• _Records shown_:
== Segment start ==

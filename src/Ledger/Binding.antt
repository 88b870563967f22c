-- ===== src/Ledger/Binding.antt =====
-- The head hash of a verified ledger pins every event body, and the lifecycle bounds its length.
use inbar.Prelude.{
  ℕ, suc, ◌+◌, ◌≤◌, String, List, [], ◌∷◌, map, ◌≡◌, ◌⊎◌, inl, inr, refl, ap, sym, ◌∙◌, arith, ok,
  length,
}
use inbar.Chain.{IsChained, head_hash, Collision, chain_binding}
use inbar.Ledger.{LedgerEvent, EventBody, EventBody-discrete, Primitives, genesis_hash}
use inbar.Ledger.Lifecycle.{rank, Edge-rank-lt, rank-le}
use inbar.Ledger.Verify.{verify_events}
use inbar.Ledger.Spec.{IsTail, IsLedger, last_hash}
use inbar.Ledger.Refinement.{verify_events_lem}

module _ {Payload SigningKey : Type 0} (prims : Primitives Payload SigningKey) where
  tail_bound :
      (es : List (LedgerEvent Payload)) (first before : LedgerEvent Payload) (n : ℕ)
      → IsTail prims first n before es
      → length es + rank before.event_type ≤ 4
  tail_bound [] first before n h = omega (arith, rank-le before.event_type)
  tail_bound (e ∷ es) first before n (authentic, follows, rest) = omega (
    arith,
    Edge-rank-lt before.event_type e.event_type follows.edge,
    tail_bound es first e (suc n) rest,
  )

  -- A ledger that verifies holds at most five events: no run can be extended forever.
  pub length-verify_events-le :
      (events : List (LedgerEvent Payload)) (r : String × String)
      → verify_events prims events ≡ ok r
      → length events ≤ 5
  length-verify_events-le [] r h = omega arith
  length-verify_events-le (e ∷ es) r h =
      let (authentic, begins, tail) = ((verify_events_lem prims (e ∷ es)).0 r h).0 in
      omega (arith, tail_bound es e e 1 tail)

  abbrev Chained : String → List (LedgerEvent Payload) → Type 0
  Chained =
      IsChained (λ e. e.event_body) prims.body_digest (λ e. e.previous_event_hash)
        (λ e. e.event_hash)

  tail-IsChained :
      (es : List (LedgerEvent Payload)) (first before : LedgerEvent Payload) (n : ℕ)
      → IsTail prims first n before es
      → Chained before.event_hash es
  tail-IsChained [] first before n h = tt
  tail-IsChained (e ∷ es) first before n (authentic, follows, rest) =
      (authentic.chained, authentic.hashed, tail-IsChained es first e (suc n) rest)

  ledger-IsChained : (es : List (LedgerEvent Payload)) → IsLedger prims es → Chained genesis_hash es
  ledger-IsChained [] h = tt
  ledger-IsChained (e ∷ es) (authentic, begins, tail) =
      (authentic.chained, authentic.hashed, tail-IsChained es e e 1 tail)

  -- `last_hash` is the chain's head hash.
  last-head :
      (p : String) (es : List (LedgerEvent Payload))
      → head_hash
          (λ e. e.event_body)
          prims.body_digest
          (λ e. e.previous_event_hash)
          (λ e. e.event_hash)
          p
          es
        ≡ last_hash p es
  last-head p [] = refl
  last-head p (e ∷ es) = last-head e.event_hash es

  abbrev pub last_event : LedgerEvent Payload → List (LedgerEvent Payload) → LedgerEvent Payload
  last_event e [] = e
  last_event e (f ∷ fs) = last_event f fs

  pub last_hash-last_event :
      (e : LedgerEvent Payload) (es : List (LedgerEvent Payload))
      → last_hash e.event_hash es ≡ (last_event e es).event_hash
  last_hash-last_event e [] = refl
  last_hash-last_event e (f ∷ fs) = last_hash-last_event f fs

  -- The last event numbers the ledger and carries its own hash.
  pub last_event_facts :
      (es : List (LedgerEvent Payload)) (first before : LedgerEvent Payload) (n : ℕ)
      → before.sequence + 1 ≡ n
      → prims.body_digest before.event_body ≡ before.event_hash
      → IsTail prims first n before es
      → ((last_event before es).sequence + 1 ≡ n + length es)
        × (prims.body_digest (last_event before es).event_body ≡ (last_event before es).event_hash)
  last_event_facts [] first before n at own h = (omega arith, own)
  last_event_facts (e ∷ es) first before n at own (authentic, follows, rest) =
      let (numbered, hashed) =
        last_event_facts es first e (suc n) (omega (arith, authentic.placed)) authentic.hashed
          rest in
      (omega arith, hashed)

  module _ (dec : Discrete Payload) where
    one_length :
        (e f : LedgerEvent Payload) (es fs : List (LedgerEvent Payload))
        → IsLedger prims (e ∷ es)
        → IsLedger prims (f ∷ fs)
        → last_hash e.event_hash es ≡ last_hash f.event_hash fs
        → (length es ≡ length fs) ⊎ Collision prims.body_digest
    one_length e f es fs (ae, be, te) (af, bf, tf) same =
        let (ne, he) = last_event_facts es e e 1 (omega (arith, ae.placed)) ae.hashed te in
        let (nf, hf) = last_event_facts fs f f 1 (omega (arith, af.placed)) af.hashed tf in
        let x = last_event e es in
        let y = last_event f fs in
        let one_hash : x.event_hash ≡ y.event_hash =
          sym (last_hash-last_event e es) ∙ (same ∙ last_hash-last_event f fs) in
        elim (EventBody-discrete dec x.event_body y.event_body) [
          | yes bodies ↦ inl (omega (arith, ap (λ (b : EventBody Payload). b.sequence) bodies))
          | no other ↦ inr (x.event_body, y.event_body, other, he ∙ (one_hash ∙ sym hf))
        ]

    one_content :
        (xs ys : List (LedgerEvent Payload))
        → IsLedger prims xs
        → IsLedger prims ys
        → last_hash genesis_hash xs ≡ last_hash genesis_hash ys
        → length xs ≡ length ys
        → (map (λ (x : LedgerEvent Payload). x.event_body) xs
            ≡ map (λ (x : LedgerEvent Payload). x.event_body) ys)
          ⊎ Collision prims.body_digest
    one_content xs ys lx ly same count =
        elim (chain_binding (λ e. e.event_body) prims.body_digest (λ e. e.previous_event_hash)
          (λ e. e.event_hash) (EventBody-discrete dec)
          (λ x y. ap (λ (b : EventBody Payload). b.previous_event_hash)) xs ys genesis_hash
          genesis_hash (ledger-IsChained xs lx) (ledger-IsChained ys ly) count
          (last-head genesis_hash xs ∙ (same ∙ sym (last-head genesis_hash ys)))) [
            | inl (_, bodies) ↦ inl bodies
            | inr found ↦ inr found
          ]

    -- Ledgers that verify with one head hash hold the same event bodies, unless SHA-256 collides on
    -- two event bodies: neither the content, the order nor the number of events can change.
    pub head_hash_binds :
        (e f : LedgerEvent Payload) (es fs : List (LedgerEvent Payload)) (h k l : String)
        → verify_events prims (e ∷ es) ≡ ok (h, k)
        → verify_events prims (f ∷ fs) ≡ ok (h, l)
        → (map (λ (x : LedgerEvent Payload). x.event_body) (e ∷ es)
            ≡ map (λ (x : LedgerEvent Payload). x.event_body) (f ∷ fs))
          ⊎ Collision prims.body_digest
    head_hash_binds e f es fs h k l ve vf =
        let (le, re) = (verify_events_lem prims (e ∷ es)).0 (h, k) ve in
        let (lf, rf) = (verify_events_lem prims (f ∷ fs)).0 (h, l) vf in
        let same : last_hash e.event_hash es ≡ last_hash f.event_hash fs =
          sym (ap (λ (r : String × String). r.0) re) ∙ ap (λ (r : String × String). r.0) rf in
        elim (one_length e f es fs le lf same) [
          | inl count ↦ one_content (e ∷ es) (f ∷ fs) le lf same (ap suc count)
          | inr found ↦ inr found
        ]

== Segment end ==

• _Task goal_: Every entry should be restated word for word.

• _Solution to this task_:
filename src/Ledger/Binding.antt
repository 88b870563967f22c
-- ===== src/Ledger/Binding.antt =====
-- The head hash of a verified ledger pins every event body, and the lifecycle bounds its length.
use inbar.Prelude.{
  ℕ, suc, ◌+◌, ◌≤◌, String, List, [], ◌∷◌, map, ◌≡◌, ◌⊎◌, inl, inr, refl, ap, sym, ◌∙◌, arith, ok,
  length,
}
use inbar.Chain.{IsChained, head_hash, Collision, chain_binding}
use inbar.Ledger.{LedgerEvent, EventBody, EventBody-discrete, Primitives, genesis_hash}
use inbar.Ledger.Lifecycle.{rank, Edge-rank-lt, rank-le}
use inbar.Ledger.Verify.{verify_events}
use inbar.Ledger.Spec.{IsTail, IsLedger, last_hash}
use inbar.Ledger.Refinement.{verify_events_lem}

module _ {Payload SigningKey : Type 0} (prims : Primitives Payload SigningKey) where
  tail_bound :
      (es : List (LedgerEvent Payload)) (first before : LedgerEvent Payload) (n : ℕ)
      → IsTail prims first n before es
      → length es + rank before.event_type ≤ 4
  tail_bound [] first before n h = omega (arith, rank-le before.event_type)
  tail_bound (e ∷ es) first before n (authentic, follows, rest) = omega (
    arith,
    Edge-rank-lt before.event_type e.event_type follows.edge,
    tail_bound es first e (suc n) rest,
  )

  -- A ledger that verifies holds at most five events: no run can be extended forever.
  pub length-verify_events-le :
      (events : List (LedgerEvent Payload)) (r : String × String)
      → verify_events prims events ≡ ok r
      → length events ≤ 5
  length-verify_events-le [] r h = omega arith
  length-verify_events-le (e ∷ es) r h =
      let (authentic, begins, tail) = ((verify_events_lem prims (e ∷ es)).0 r h).0 in
      omega (arith, tail_bound es e e 1 tail)

  abbrev Chained : String → List (LedgerEvent Payload) → Type 0
  Chained =
      IsChained (λ e. e.event_body) prims.body_digest (λ e. e.previous_event_hash)
        (λ e. e.event_hash)

  tail-IsChained :
      (es : List (LedgerEvent Payload)) (first before : LedgerEvent Payload) (n : ℕ)
      → IsTail prims first n before es
      → Chained before.event_hash es
  tail-IsChained [] first before n h = tt
  tail-IsChained (e ∷ es) first before n (authentic, follows, rest) =
      (authentic.chained, authentic.hashed, tail-IsChained es first e (suc n) rest)

  ledger-IsChained : (es : List (LedgerEvent Payload)) → IsLedger prims es → Chained genesis_hash es
  ledger-IsChained [] h = tt
  ledger-IsChained (e ∷ es) (authentic, begins, tail) =
      (authentic.chained, authentic.hashed, tail-IsChained es e e 1 tail)

  -- `last_hash` is the chain's head hash.
  last-head :
      (p : String) (es : List (LedgerEvent Payload))
      → head_hash
          (λ e. e.event_body)
          prims.body_digest
          (λ e. e.previous_event_hash)
          (λ e. e.event_hash)
          p
          es
        ≡ last_hash p es
  last-head p [] = refl
  last-head p (e ∷ es) = last-head e.event_hash es

  abbrev pub last_event : LedgerEvent Payload → List (LedgerEvent Payload) → LedgerEvent Payload
  last_event e [] = e
  last_event e (f ∷ fs) = last_event f fs

  pub last_hash-last_event :
      (e : LedgerEvent Payload) (es : List (LedgerEvent Payload))
      → last_hash e.event_hash es ≡ (last_event e es).event_hash
  last_hash-last_event e [] = refl
  last_hash-last_event e (f ∷ fs) = last_hash-last_event f fs

  -- The last event numbers the ledger and carries its own hash.
  pub last_event_facts :
      (es : List (LedgerEvent Payload)) (first before : LedgerEvent Payload) (n : ℕ)
      → before.sequence + 1 ≡ n
      → prims.body_digest before.event_body ≡ before.event_hash
      → IsTail prims first n before es
      → ((last_event before es).sequence + 1 ≡ n + length es)
        × (prims.body_digest (last_event before es).event_body ≡ (last_event before es).event_hash)
  last_event_facts [] first before n at own h = (omega arith, own)
  last_event_facts (e ∷ es) first before n at own (authentic, follows, rest) =
      let (numbered, hashed) =
        last_event_facts es first e (suc n) (omega (arith, authentic.placed)) authentic.hashed
          rest in
      (omega arith, hashed)

  module _ (dec : Discrete Payload) where
    one_length :
        (e f : LedgerEvent Payload) (es fs : List (LedgerEvent Payload))
        → IsLedger prims (e ∷ es)
        → IsLedger prims (f ∷ fs)
        → last_hash e.event_hash es ≡ last_hash f.event_hash fs
        → (length es ≡ length fs) ⊎ Collision prims.body_digest
    one_length e f es fs (ae, be, te) (af, bf, tf) same =
        let (ne, he) = last_event_facts es e e 1 (omega (arith, ae.placed)) ae.hashed te in
        let (nf, hf) = last_event_facts fs f f 1 (omega (arith, af.placed)) af.hashed tf in
        let x = last_event e es in
        let y = last_event f fs in
        let one_hash : x.event_hash ≡ y.event_hash =
          sym (last_hash-last_event e es) ∙ (same ∙ last_hash-last_event f fs) in
        elim (EventBody-discrete dec x.event_body y.event_body) [
          | yes bodies ↦ inl (omega (arith, ap (λ (b : EventBody Payload). b.sequence) bodies))
          | no other ↦ inr (x.event_body, y.event_body, other, he ∙ (one_hash ∙ sym hf))
        ]

    one_content :
        (xs ys : List (LedgerEvent Payload))
        → IsLedger prims xs
        → IsLedger prims ys
        → last_hash genesis_hash xs ≡ last_hash genesis_hash ys
        → length xs ≡ length ys
        → (map (λ (x : LedgerEvent Payload). x.event_body) xs
            ≡ map (λ (x : LedgerEvent Payload). x.event_body) ys)
          ⊎ Collision prims.body_digest
    one_content xs ys lx ly same count =
        elim (chain_binding (λ e. e.event_body) prims.body_digest (λ e. e.previous_event_hash)
          (λ e. e.event_hash) (EventBody-discrete dec)
          (λ x y. ap (λ (b : EventBody Payload). b.previous_event_hash)) xs ys genesis_hash
          genesis_hash (ledger-IsChained xs lx) (ledger-IsChained ys ly) count
          (last-head genesis_hash xs ∙ (same ∙ sym (last-head genesis_hash ys)))) [
            | inl (_, bodies) ↦ inl bodies
            | inr found ↦ inr found
          ]

    -- Ledgers that verify with one head hash hold the same event bodies, unless SHA-256 collides on
    -- two event bodies: neither the content, the order nor the number of events can change.
    pub head_hash_binds :
        (e f : LedgerEvent Payload) (es fs : List (LedgerEvent Payload)) (h k l : String)
        → verify_events prims (e ∷ es) ≡ ok (h, k)
        → verify_events prims (f ∷ fs) ≡ ok (h, l)
        → (map (λ (x : LedgerEvent Payload). x.event_body) (e ∷ es)
            ≡ map (λ (x : LedgerEvent Payload). x.event_body) (f ∷ fs))
          ⊎ Collision prims.body_digest
    head_hash_binds e f es fs h k l ve vf =
        let (le, re) = (verify_events_lem prims (e ∷ es)).0 (h, k) ve in
        let (lf, rf) = (verify_events_lem prims (f ∷ fs)).0 (h, l) vf in
        let same : last_hash e.event_hash es ≡ last_hash f.event_hash fs =
          sym (ap (λ (r : String × String). r.0) re) ∙ ap (λ (r : String × String). r.0) rf in
        elim (one_length e f es fs le lf same) [
          | inl count ↦ one_content (e ∷ es) (f ∷ fs) le lf same (ap suc count)
          | inr found ↦ inr found
        ]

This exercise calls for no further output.